DATASET CONTENT:
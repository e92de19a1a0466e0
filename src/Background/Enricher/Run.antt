-- ===== src/Background/Enricher/Run.antt =====
-- A run, batch after batch, does for each unenriched action once what the enricher does.
use lumescope.Prelude.{
  ℕ, zero, suc, ◌+◌, ◌^◌, ◌≤◌, ◌<◌, ◌≡◌, refl, sym, ◌≢◌, ◌∙◌, ap, true, false, ◌&&◌, some, List, [],
  ◌∷◌, arith, All, Bool-cases, Option-cases, inl, inr, filter, take, drop, length, last?, map,
  take-append-drop, ltb, ltb→lt,
}
use lumescope.Db.Types.{ActionDb}
use lumescope.Db.Keyset.{ascending, order_by, is_after}
use lumescope.Db.Keyset.Order.{
  All-filter, All-order_by, Distinct, Distinct-filter, IsSorted, order_by-IsSorted, filter-order_by,
}
use lumescope.Db.Keyset.Walk.{
  All-last, length-drop, length-take_full, take_all, last?-none, cut, filter-and, filter_cong,
  filter_sound, page_before_last,
}
use lumescope.Db.Actions.{action_key}
use lumescope.Db.Transactions.{is_unenriched, unenriched, to_action}
use lumescope.Background.Enricher.{
  Env, World, enrich_all, next_id, batch_size, completed, after_batch, run_batches,
  run_action_tx_enricher,
}
use lumescope.Background.Enricher.Step.{enrich_all-other}
use lumescope.Background.Enricher.Batch.{
  enrich_all-append, last?-map, length-map-to_action, map-append_to_action, batch_lem, after_short,
  after_full,
}

to_action-id : (row : ActionDb) → (to_action row).action_id ≡ row.action_id
unfolding to_action
to_action-id row = refl

module _ (env : Env) (rows : List ActionDb) (distinct : Distinct action_key rows) where
  unenriched-IsSorted :
      (w : World) (min_id : ℕ) → IsSorted ascending action_key (unenriched w.txs min_id rows)
  unfolding unenriched
  unenriched-IsSorted w min_id =
      order_by-IsSorted ascending action_key _ (Distinct-filter action_key _ rows distinct)

  unenriched-All :
      (w : World) (min_id : ℕ)
      → All (λ a. is_unenriched w.txs min_id a ≡ true) (unenriched w.txs min_id rows)
  unfolding unenriched
  unenriched-All w min_id =
      All-order_by ascending action_key _ _ (filter_sound (is_unenriched w.txs min_id) rows)

  batch-ne :
      (x a : ActionDb) (batch : List ActionDb)
      → All (λ y. ltb x.action_id y.action_id ≡ false) batch
      → ltb x.action_id a.action_id ≡ true
      → All (λ b. b.action_id ≢ a.action_id) (map to_action batch)
  batch-ne x a [] h k = tt
  batch-ne x a (b ∷ batch) h k =
      (λ e. ground (arith, to_action-id b, h.0), batch-ne x a batch h.1 k)

  module _ (w : World) (min_id : ℕ) where
    abbrev todo : List ActionDb
    todo = unenriched w.txs min_id rows

    abbrev after_first : World
    after_first = enrich_all env (map to_action (take batch_size todo)) w

    -- behind the last action of a batch, what was unenriched still is, and nothing else is
    selects_rest :
        (x a : ActionDb)
        → last? (take batch_size todo) ≡ some x
        → is_unenriched after_first.txs (x.action_id + 1) a
          ≡ (is_unenriched w.txs min_id a && ltb x.action_id a.action_id)
    selects_rest x a e = elim (Bool-cases (ltb x.action_id a.action_id)) [
      | inr early ↦ ground (arith, early)
      | inl late ↦
          let here = All-last _ batch_size todo x (unenriched-All w min_id) e in
          let before =
            page_before_last ascending action_key batch_size todo x (unenriched-IsSorted w min_id)
              e in
          let same =
            enrich_all-other env (map to_action (take batch_size todo)) w a.action_id "register"
              (batch-ne x a (take batch_size todo) before late) in
          ground (arith, here, same)
    ]

    rest_unenriched :
        (x : ActionDb)
        → last? (take batch_size todo) ≡ some x
        → unenriched after_first.txs (x.action_id + 1) rows ≡ drop batch_size todo
    unfolding unenriched
    rest_unenriched x e =
        let behind = is_after ascending action_key (some x.action_id) in
        let p = is_unenriched w.txs min_id in
        ap (order_by ascending action_key) (
          filter_cong _ (λ a. p a && behind a) (λ a. selects_rest x a e) rows
          ∙ filter-and p behind rows)
        ∙ sym (
            filter-order_by ascending action_key behind (filter p rows)
              (Distinct-filter action_key p rows distinct))
        ∙ cut ascending action_key batch_size todo x (unenriched-IsSorted w min_id) e

module _ (env : Env) (rows : List ActionDb) (distinct : Distinct action_key rows)
    (fits : All (λ a. a.action_id + 1 < 2 ^ 64) rows)
    (queries : (n : ℕ) → env.query_succeeds n ≡ true) where
  run_step :
      (fuel n min_id : ℕ) (w : World)
      → let batch = map to_action (take batch_size (unenriched w.txs min_id rows)) in
        run_batches (suc fuel) env rows n min_id w
        ≡ after_batch batch w
            (enrich_all env batch w)
            (run_batches fuel env rows (n + 1) (next_id min_id batch) (enrich_all env batch w))
  unfolding run_batches
  run_step fuel n min_id w = rw (queries n, batch_lem w.txs min_id rows)

  unenriched-fits :
      (w : World) (min_id : ℕ) → All (λ a. a.action_id + 1 < 2 ^ 64) (unenriched w.txs min_id rows)
  unfolding unenriched
  unenriched-fits w min_id =
      All-order_by ascending action_key _ _ (All-filter _ (is_unenriched w.txs min_id) rows fits)

  next_id_lem :
      (w : World) (min_id : ℕ) (x : ActionDb)
      → last? (take batch_size (unenriched w.txs min_id rows)) ≡ some x
      → next_id min_id (map to_action (take batch_size (unenriched w.txs min_id rows)))
        ≡ x.action_id + 1
  unfolding next_id
  next_id_lem w min_id x e =
      let todo = unenriched w.txs min_id rows in
      let small : x.action_id + 1 < 2 ^ 64 =
        All-last _ batch_size todo x (unenriched-fits w min_id) e in
      rw (last?-map _ x e, next_id, to_action-id x) (omega arith)

  -- a full batch, and then a run from the id behind it
  run_full :
      (fuel n min_id : ℕ) (w : World) (x : ActionDb)
      → last? (take batch_size (unenriched w.txs min_id rows)) ≡ some x
      → batch_size ≤ length (unenriched w.txs min_id rows)
      → run_batches (suc fuel) env rows n min_id w
        ≡ run_batches fuel env rows
            (n + 1)
            (x.action_id + 1)
            (after_first env rows distinct w min_id)
  run_full fuel n min_id w x last full =
      let todo = unenriched w.txs min_id rows in
      let batch = map to_action (take batch_size todo) in
      let w' = enrich_all env batch w in
      run_step fuel n min_id w
      ∙ after_full batch w w' _
          (length-map-to_action (take batch_size todo) ∙ length-take_full batch_size todo full)
      ∙ ap (λ m. run_batches fuel env rows (n + 1) m w') (next_id_lem w min_id x last)

  -- the actions of the first batch and then those of the rest are all
  first_and_rest :
      (w : World) (min_id : ℕ)
      → let todo = unenriched w.txs min_id rows in
        enrich_all env
          (map to_action (drop batch_size todo))
          (after_first env rows distinct w min_id)
        ≡ enrich_all env (map to_action todo) w
  first_and_rest w min_id =
      let todo = unenriched w.txs min_id rows in
      sym (
        enrich_all-append env (map to_action (take batch_size todo))
          (map to_action (drop batch_size todo)) w)
      ∙ ap (λ l. enrich_all env l w)
          (sym (map-append_to_action (take batch_size todo) (drop batch_size todo))
            ∙ ap (map to_action) (take-append-drop batch_size todo))

  run_batches_lem :
      (fuel n min_id : ℕ) (w : World)
      → length (unenriched w.txs min_id rows) < fuel
      → run_batches fuel env rows n min_id w
        ≡ completed (enrich_all env (map to_action (unenriched w.txs min_id rows)) w)
  run_batches_lem zero n min_id w enough = absurd (omega arith)
  run_batches_lem (suc fuel) n min_id w enough =
      let todo = unenriched w.txs min_id rows in
      elim (Bool-cases (ltb (length todo) batch_size)) [
        | inl short ↦
            let few = ltb→lt (length todo) batch_size short in
            let whole = take_all batch_size todo (omega (arith, few)) in
            run_step fuel n min_id w
            ∙ after_short env (map to_action (take batch_size todo)) w _ (
                omega (
                  arith,
                  few,
                  length-map-to_action (take batch_size todo),
                  ap (λ (l : List ActionDb). length l) whole,
                ))
            ∙ ap (λ l. completed (enrich_all env (map to_action l) w)) whole
        | inr full ↦
            let many : batch_size ≤ length todo = ground (arith, full) in
            elim (Option-cases (last? (take batch_size todo))) [
              | inl gone ↦
                  let empty = last?-none batch_size todo (omega arith) gone in
                  absurd (omega (arith, many, ap (λ (l : List ActionDb). length l) empty))
              | inr (x, last) ↦
                  let rest = rest_unenriched env rows distinct w min_id x last in
                  let w' = after_first env rows distinct w min_id in
                  let fewer =
                    ap (λ (l : List ActionDb). length l) rest ∙ length-drop batch_size todo in
                  run_full fuel n min_id w x last many
                  ∙ run_batches_lem fuel (n + 1) (x.action_id + 1) w'
                      (omega (arith, fewer, many, enough))
                  ∙ ap (λ l. completed (enrich_all env (map to_action l) w')) rest
                  ∙ ap completed (first_and_rest w min_id)
            ]
      ]

-- If no query fails, and the ids are distinct and leave room for the next one on 64 bits, a run of
-- the enricher completes, given more rounds than it has actions to work through. Its effect is that of enriching, one after the other and once each, the
-- actions from the start id on that had no 'register' row when it began, in ascending order of
-- their ids: the batches make no difference, whatever the writes and the chain do.
pub enricher_run :
    (env : Env) (rows : List ActionDb) (fuel start_id : ℕ) (w : World)
    → Distinct action_key rows
    → All (λ a. a.action_id + 1 < 2 ^ 64) rows
    → ((n : ℕ) → env.query_succeeds n ≡ true)
    → length (unenriched w.txs start_id rows) < fuel
    → run_action_tx_enricher fuel env rows start_id w
      ≡ completed (enrich_all env (map to_action (unenriched w.txs start_id rows)) w)
unfolding run_action_tx_enricher
enricher_run env rows fuel start_id w distinct fits queries enough =
    run_batches_lem env rows distinct fits queries fuel 1 start_id w enough
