-- ===== src/Lib.antt =====
-- Primmonero: the server under src/servilo, a Primecoin node in C++. Blocks carry prime chains as
-- their proof of work; transactions, coins and Merkle trees are those of Bitcoin.
--
-- The parts and their files:
--
--   Prime              the chain tests and CheckPrimeProofOfWork (src/servilo/prime.cpp, prime.h).
--                      A block's header hash times the multiplier of its certificate is the origin of
--                      three chains; Fermat and Euler-Lagrange-Lifchitz tests find their lengths.
--   Target             the proof-of-work target, its 8 bits of length and 24 bits of fraction, the
--                      retargeting step and the reward (src/servilo/prime.cpp). Prime compares chain
--                      lengths, which have the same fields, with a target.
--   Work               GetNextWorkRequired, ComputeMinWork and GetBlockValue (src/servilo/main.cpp) and
--                      EstimateWorkTransition (src/servilo/prime.cpp): Target applied along a chain
--                      of blocks.
--   Amount             CTxOutCompressor::CompressAmount and DecompressAmount (src/servilo/main.cpp).
--   Serialize          compact sizes, variable-length integers, strings and vectors
--                      (src/servilo/serialize.h), the formats of messages and of the coin database.
--   PartialMerkleTree  CPartialMerkleTree (src/servilo/main.h, main.cpp): the proof that some
--                      transactions are in a block, which filtered peers are sent.
--   Coins              CCoins (src/servilo/main.h): the unspent outputs of a transaction. Coins/Format
--                      writes and reads them, and CTxInUndo, with the amounts of Amount, the scripts of
--                      Script/Compressor and the numbers of Serialize.
--                      Coins/View has CCoinsViewCache over any view (src/servilo/main.cpp): CoinsView is
--                      the interface, Coins/View/Refinement its promise, in terms of a function from
--                      hashes to entries and a best block: IsSource what a cache needs of the view
--                      below, IsView what a cache promises; Coins/View/Flush is about Flush.
--   Transaction        COutPoint, CTxIn, CTransaction and their network format (src/servilo/main.h),
--                      Transaction/Check CheckTransaction and GetValueOut, Transaction/Fee GetMinFee and
--                      GetLegacySigOpCount (src/servilo/main.cpp).
--   Connect            UpdateCoins, HaveInputs, CheckInputs, ConnectBlock and DisconnectBlock
--                      (src/servilo/main.cpp): transactions are checked and applied to a cache of
--                      Coins/View, with the scripts of Script, the fees of Transaction and the block
--                      values of Work, and taken back with the undo information. Connect/Block is
--                      ConnectBlock, Connect/Disconnect DisconnectBlock; Restore is about one entry,
--                      Inputs, Outputs, Loop and Undone about a transaction's inputs, a transaction, a
--                      block's transactions and a block, Values and Spendable about CheckInputs.
--   Script             CScript, EvalScript and VerifyScript (src/servilo/script.h, script.cpp): Script.antt
--                      reads and writes instructions, Script/Opcode has the cases of the switch,
--                      Script/Machine, StackOps, NumberOps and CryptoOps one function per case, and
--                      Script/Eval the round, the loop and VerifyScript. A Machine is the loop's
--                      local state; a stack is a list from its top on. Script/Compressor has
--                      CScriptCompressor, with what it uses of CKey (src/servilo/key.cpp),
--                      Script/SigOps GetSigOpCount, and Script/Solver the standard forms of scripts.
--   Base               what the parts share: tests, lists, bits and integers over native numbers.
--
-- A definition has the name of the function that it models in snake case: TargetGetNext is
-- Target.target_get_next, CPartialMerkleTree::TraverseAndExtract is
-- PartialMerkleTree.traverse_and_extract. A loop of the source is a definition of its own. Machine
-- integers are native numbers, with `% 2 ^ w` written where the source can wrap; signed ones are the
-- integers of Base/Int, with Base.Int.int64 where the source can wrap (in two's complement), or, in
-- Transaction/Fee, bit patterns below 2 ^ 64. CBigNum values are numbers or the integers of Base/Int.
-- What a read past the end of a vector gives is a parameter (`undef`). A function that returns false or
-- fails an assertion is an Option, or a type with a constructor for each outcome; a reference parameter
-- goes in and out.
--
-- Bounds and fuel:
--
--   Prime.chain_loop            the source has no bound. The fuel is an argument, running out is an
--                               outcome of its own, and as many rounds as the chain is long are enough.
--   Amount.strip_zeros          10 rounds: the loop itself stops at 9.
--   PartialMerkleTree.find_height  32 rounds: a tree of 2 ^ 31 leaves has height 31.
--   PartialMerkleTree.match_loop   2 ^ height rounds, the number of leaves below the node.
--   Serialize.fill_tmp          the size of the array `tmp`; running out is a write past its end.
--   Serialize.size_of_var_int_loop  one more than the number, which falls in each round.
--   Serialize.Stream.read_blocks    the number of elements, when a block has one at least.
--   Script.eval_loop, find_and_delete_loop, is_push_only_loop, erase_front, sig_op_loop, last_push,
--   take_keys
--                               the length of the code: each round takes a byte or more.
--   Script.Solver.scan          the length of the template: each round takes a byte of it.
--   Coins.Format.mask_size_loop the number of outputs: each round takes eight, or the last ones.
--   Transaction.Format.read_chunks  the size of the script: each round takes a byte at least.
--
-- Parameters stand for what is not in the repository or is not needed: BN_mod_exp of OpenSSL
-- (`mod_exp`), the hash of two joined hashes (`combine`), the format of a vector's elements, in Script's
-- Context the hashes, the check of a signature, and OpenSSL's bytes of a number (BigNums), and the
-- points of OpenSSL's curve (Curve). Connect takes the hash of a transaction, the heights of the
-- index's blocks, the base fees and the checkpoints' estimate as Settings, and the view below the cache
-- with the promise of its reads (IsSource). The program's lowest view, CCoinsViewDB
-- (src/servilo/txdb.cpp), erases pruned entries when it is written to, so that only its reads are asked
-- for anything.
--
-- Not modelled: CheckBlock, AcceptBlock and the choice of the best chain, the writes of ConnectBlock to
-- the block index and to the undo files and its threads for scripts, the memory pool, the miner,
-- wallets, storage, networking and startup. Names, formatting and the text of logged errors are left
-- out everywhere.
pub mod Base
pub mod Amount
pub mod Target
pub mod Serialize
pub mod PartialMerkleTree
pub mod Prime
pub mod Work
pub mod Coins
pub mod Script
pub mod Transaction
pub mod Connect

WHAT IS BEING ASKED:
Your task for the entries above: copy exactly the span starting with the line with "-- their proof" and going on through the line with "find their lengths.", both lines included, and nothing else.

ANSWER FOR THE TASK:
-- their proof of work; transactions, coins and Merkle trees are those of Bitcoin.
--
-- The parts and their files:
--
--   Prime              the chain tests and CheckPrimeProofOfWork (src/servilo/prime.cpp, prime.h).
--                      A block's header hash times the multiplier of its certificate is the origin of
--                      three chains; Fermat and Euler-Lagrange-Lifchitz tests find their lengths.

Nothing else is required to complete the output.